With this one act China discovered the enormous power it had,
and how to exercise that power to its advantage
http://www.interest.co.nz/rural-news/51039/fonterra-develop-new-dairy-f…
OIO running like a charm..
The Shanghai Pengxin spokeswoman confirmed that there was no intention on the part of the company to sell the farms but it was going through the procedure because it had to follow the law.
http://www.stuff.co.nz/business/farming/agribusiness/70429467/shanghai-…
I have no doubt that JK "isn't that dumb."
As has been referred to on these pages under "John Key's Lies" it's clear JK would not have been out of place in the Court of Caesar in terms of his addiction to the games of power.
The Corporate Construction of MSM supported by journalists' lack of intestinal fortitude, ably assisted by the comfortable smugness and 'wilful blindness ' (see author Margaret Heffernan for true definition of this term) of many of the Nouveau Rich BBs make the Machiavellian dealings of this Government possible.
Doesn't require much imagination to 'join the dots!'
BE has been to the same Cosby Textor School as the rest of the National MPs.
The 'newer recruits/junior school' are beginning to pass their tests with flying (sickening)colours, Bridges, Adams,Barry, Parata etc.
Many commentators on these pages have continually referred to the lack of prudent governance we have been clearly experiencing over the last 6 - 7 years, and the asset stripping of this country.
As the saying goes "if it barks like a Dog........"no amount of psychological Spin can turn it into anything but what it really is!
Is JK their political "Svengali?"
What a beat-up. The usual New Zealand hypocritical goody-goody media crowd screams "racism" whenever anyone dares to question or critizise whatever a "non-white" is doing (while direct racial vilification of Germans, for example, is perfectly ok). The Chinese pick up on the noise and get asked by the same NZ goody-goody crowd whether it is an issue, probably again and again until someone finally says "Yes". And then they turn back and tell us "I told you so" as proof that their anti-NZ, anti-free-speech self-vilification campaign is working.
There is something seriously morbid about journalism in New Zealand these days. Reality is irrelevant, only the ideological leanings of the writers guild seems to matter. Makes me puke.

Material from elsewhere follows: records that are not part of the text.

-- ===== src/Core/Service/Alone.antt =====
-- A call of the service (core/service.go) that no other call interrupts.
use cff_core.Base.{
  ℕ, zero, suc, Bool, true, false, List, [], ◌∷◌, Option, none, some, is_some, if◌then◌else◌, eqb,
  ◌≡◌, refl, arith,
}
use cff_core.Core.Service.{
  initialized, running, destroyed, Service, Thread, Outcome, same_state, step, start_translate,
  stop_load, host, destroy_load, done,
}

-- The steps of one thread with their outcomes.
unfoldable pub alone : List Outcome → Thread × Service → Thread × Service
unfolding step
alone [] y = y
alone (ok ∷ oks) (th, s) = alone oks (step ok th s)

abbrev pub always : Outcome → ℕ → List Outcome
always ok zero = []
always ok (suc n) = ok ∷ always ok n

-- The service between two calls, once it is initialized: the instance that runs, if one does.
abbrev pub settled : Option ℕ → ℕ → ℕ → List ℕ → Service
settled old seq n closed = record {
  state = if is_some old then running else initialized;
  instance_of = old;
  start_seq = seq;
  start_mu = false;
  instances = n;
  closed = closed;
}

-- The instance that was running is closed.
abbrev pub with_closed : Option ℕ → List ℕ → List ℕ
with_closed none closed = closed
with_closed (some i) closed = i ∷ closed

eqb_refl : (n : ℕ) → eqb n n ≡ true
eqb_refl n = ground arith

-- `StartWithContent` that is not interrupted, on a service that is Initialized without an instance or Running with
-- one, with the lock free: where
-- the translation fails it leaves the service as it is; otherwise it takes the next number, closes the instance
-- that ran, and runs a new one, or leaves the service Initialized where the creation fails. It takes at most 14
-- steps.
pub start-alone :
    (translated created : Bool) (old : Option ℕ) (seq n : ℕ) (closed : List ℕ)
    → alone (translated ∷ always created 13) (start_translate, settled old seq n closed) ≡ (
      done,
      if translated
          then settled
              (if created then some n else none)
              (suc seq)
              (if created then suc n else n)
              (with_closed old closed)
          else settled old seq n closed,
    )
unfolding alone step same_state
start-alone false true old seq n closed = refl
start-alone false false old seq n closed = refl
start-alone true true none seq n closed = rw (eqb_refl (suc seq)) refl
start-alone true true (some i) seq n closed = rw (eqb_refl (suc seq)) refl
start-alone true false none seq n closed = rw (eqb_refl (suc seq)) refl
start-alone true false (some i) seq n closed = rw (eqb_refl (suc seq)) refl

-- `Stop` and `Destroy` that are not interrupted close the instance that ran, if one did; after `Stop` the
-- service can start again, and `Destroy` leaves it Destroyed with no instance.
pub stop-alone :
    (ok : Outcome) (old : Option ℕ) (seq n : ℕ) (closed : List ℕ)
    → (alone (always ok 4) (stop_load host, settled old seq n closed)
        ≡ (done, settled none seq n (with_closed old closed)))
      × (alone (always ok 4) (destroy_load, settled old seq n closed)
          ≡ (done, record (settled none seq n (with_closed old closed)) { state = destroyed }))
unfolding alone step same_state
stop-alone ok none seq n closed = (refl, refl)
stop-alone ok (some i) seq n closed = (refl, refl)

These politicians tell us what they want us to hear and think, the reality can often be very removed, trust is being eroded, both in the government and Fonterra.

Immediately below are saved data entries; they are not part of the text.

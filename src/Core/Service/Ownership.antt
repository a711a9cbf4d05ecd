-- ===== src/Core/Service/Ownership.antt =====
-- Who is to close an instance of core/service.go: `running` holds it, or a thread, or it is closed.
use cff_core.Base.{
  All, ℕ, zero, suc, ◌+◌, ◌≤◌, Bool, false, List, [], ◌∷◌, Option, none, some, if◌then◌else◌, eqb,
  ltb, ◌≡◌, refl, arith,
}
use cff_core.Core.Service.{
  created, Service, Thread, Outcome, System, same_state, step, step_nth, run, init, init_options,
  init_failed, start_translate, start_number, start_lock, start_swap, start_create, start_store,
  start_running, start_undo, start_close, start_failed, start_unlock, stop_load, stop_swap,
  stop_take, stop_close, destroy_load, destroy_swap, destroy_take, destroy_close, done, host,
}

abbrev one_if : Bool → ℕ
one_if b = if b then 1 else 0

-- How often an instance stands in a list.
abbrev pub times : ℕ → List ℕ → ℕ
times i [] = 0
times i (j ∷ js) = one_if (eqb j i) + times i js

abbrev held : ℕ → Option ℕ → ℕ
held i none = 0
held i (some j) = one_if (eqb j i)

-- Whether a thread is to store or to close the instance.
holds : ℕ → Thread → ℕ
holds i (start_store j) = one_if (eqb j i)
holds i (start_close old) = held i old
holds i (stop_close old caller) = held i old
holds i (destroy_close old) = held i old
holds i _ = 0

-- The same of all threads, and of the service.
all_hold : ℕ → List Thread → ℕ
unfolding holds
all_hold i [] = 0
all_hold i (th ∷ ths) = holds i th + all_hold i ths

abbrev kept : ℕ → Service → ℕ
kept i s = held i s.instance_of + times i s.closed

abbrev exists : ℕ → Service → ℕ
exists i s = one_if (ltb i s.instances)

step-holds :
    (i : ℕ) (ok : Outcome) (th : Thread) (s : Service)
    → holds i (step ok th s).0 + kept i (step ok th s).1 + exists i s
      ≤ holds i th + kept i s + exists i (step ok th s).1
unfolding step holds same_state
step-holds i ok init s = ground arith
step-holds i ok init_options s = ground arith
step-holds i ok init_failed s = ground arith
step-holds i ok start_translate s = ground arith
step-holds i ok start_number s = ground arith
step-holds i ok (start_lock n) s = ground arith
step-holds i ok start_swap s = ground arith
step-holds i ok start_create s = ground arith
step-holds i ok (start_store j) s = ground arith
step-holds i ok start_running s = ground arith
step-holds i ok start_undo s = ground arith
step-holds i ok (start_close old) s = ground arith
step-holds i ok start_failed s = ground arith
step-holds i ok start_unlock s = ground arith
step-holds i ok (stop_load caller) s = ground arith
step-holds i ok (stop_swap old caller) s = ground arith
step-holds i ok (stop_take caller) s = ground arith
step-holds i ok (stop_close old caller) s = ground arith
step-holds i ok destroy_load s = ground arith
step-holds i ok (destroy_swap old) s = ground arith
step-holds i ok destroy_take s = ground arith
step-holds i ok (destroy_close old) s = ground arith
step-holds i ok done s = ground arith

step_nth-holds :
    (i n : ℕ) (ok : Outcome) (ths : List Thread) (s : Service)
    → all_hold i (step_nth n ok ths s).0 + kept i (step_nth n ok ths s).1 + exists i s
      ≤ all_hold i ths + kept i s + exists i (step_nth n ok ths s).1
unfolding step_nth all_hold
step_nth-holds i n ok [] s = omega arith
step_nth-holds i zero ok (th ∷ ths) s = omega (arith, step-holds i ok th s)
step_nth-holds i (suc n) ok (th ∷ ths) s = omega (arith, step_nth-holds i n ok ths s)

-- One owner at most of an instance that was created, none of one that was not.
IsOwned : ℕ → System → Type 0
IsOwned i y = all_hold i y.threads + kept i y.service ≤ exists i y.service

run-IsOwned :
    (i : ℕ) (schedule : List (ℕ × Outcome)) (y : System) → IsOwned i y → IsOwned i (run schedule y)
unfolding run IsOwned
run-IsOwned i [] y h = h
run-IsOwned i ((n, ok) ∷ schedule) y h =
    let (ths, s) = step_nth n ok y.threads y.service in
    run-IsOwned i schedule (record { service = s; threads = ths })
      (omega (arith, h, step_nth-holds i n ok y.threads y.service))

-- A call that is about to begin.
pub data IsCall : Thread → Type 0 where
  init_call : IsCall init
  start_call : IsCall start_translate
  stop_call : IsCall (stop_load host)
  destroy_call : IsCall destroy_load

abbrev pub new_service : Service
new_service = record {
  state = created;
  instance_of = none;
  start_seq = 0;
  start_mu = false;
  instances = 0;
  closed = [];
}

call-holds : (i : ℕ) (th : Thread) → IsCall th → holds i th ≡ 0
unfolding holds
call-holds i th init_call = refl
call-holds i th start_call = refl
call-holds i th stop_call = refl
call-holds i th destroy_call = refl

calls-hold : (i : ℕ) (calls : List Thread) → All IsCall calls → all_hold i calls ≡ 0
unfolding all_hold
calls-hold i [] h = refl
calls-hold i (th ∷ calls) (c, h) = omega (arith, call-holds i th c, calls-hold i calls h)

-- However the calls of `InitContext`, `StartWithContent`, `Stop` and `Destroy` on a new service interleave
-- and whatever their outcomes, an instance is closed at most once, and one that is in `running` is not closed.
pub run-CloseLaws :
    (calls : List Thread) (schedule : List (ℕ × Outcome)) (i : ℕ)
    → All IsCall calls
    → let s = (run schedule (record { service = new_service; threads = calls })).service in
      (times i s.closed ≤ 1) × (s.instance_of ≡ some i → times i s.closed ≡ 0)
unfolding IsOwned
run-CloseLaws calls schedule i h =
    let y = run schedule (record { service = new_service; threads = calls }) in
    let owned =
      run-IsOwned i schedule (record { service = new_service; threads = calls })
        (omega (arith, calls-hold i calls h)) in
    (ground arith, λ e. ground arith)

The main theme here is that these are events outside our control, no reasonable person could have expected us to foresee this total disaster. There will be flow on effects but don't blame us we were just doing our job, rather well we think.
The reality is that the government got involved in fantasy, believing we could double the value of Agricultural exports by 2025 without increasing risk.
>>>
A Ministry for Primary Industries official says the ministry's goal to double agricultural sector exports by 2025 is a "unifying call".
The ministry's director of verification, Chris Kebbell, said long-term relationships with agribusiness stakeholders had been bolstered by new partnerships within industry members, accelerating production to meet the target.
"As a result, there is a framework for engaged conversations and productive relationship," Kebbell said today at a Fieldays seminar discussing the goal.
The target will increase the sector's output from $32 billion in exports last year to $64b in 2025.
Ministry director-general Wayne McNee said the goal, which is part of the Government's business growth agenda to increase exports from 30 per cent to 40 per cent of gross domestic product by 2025, was an "ambitious target".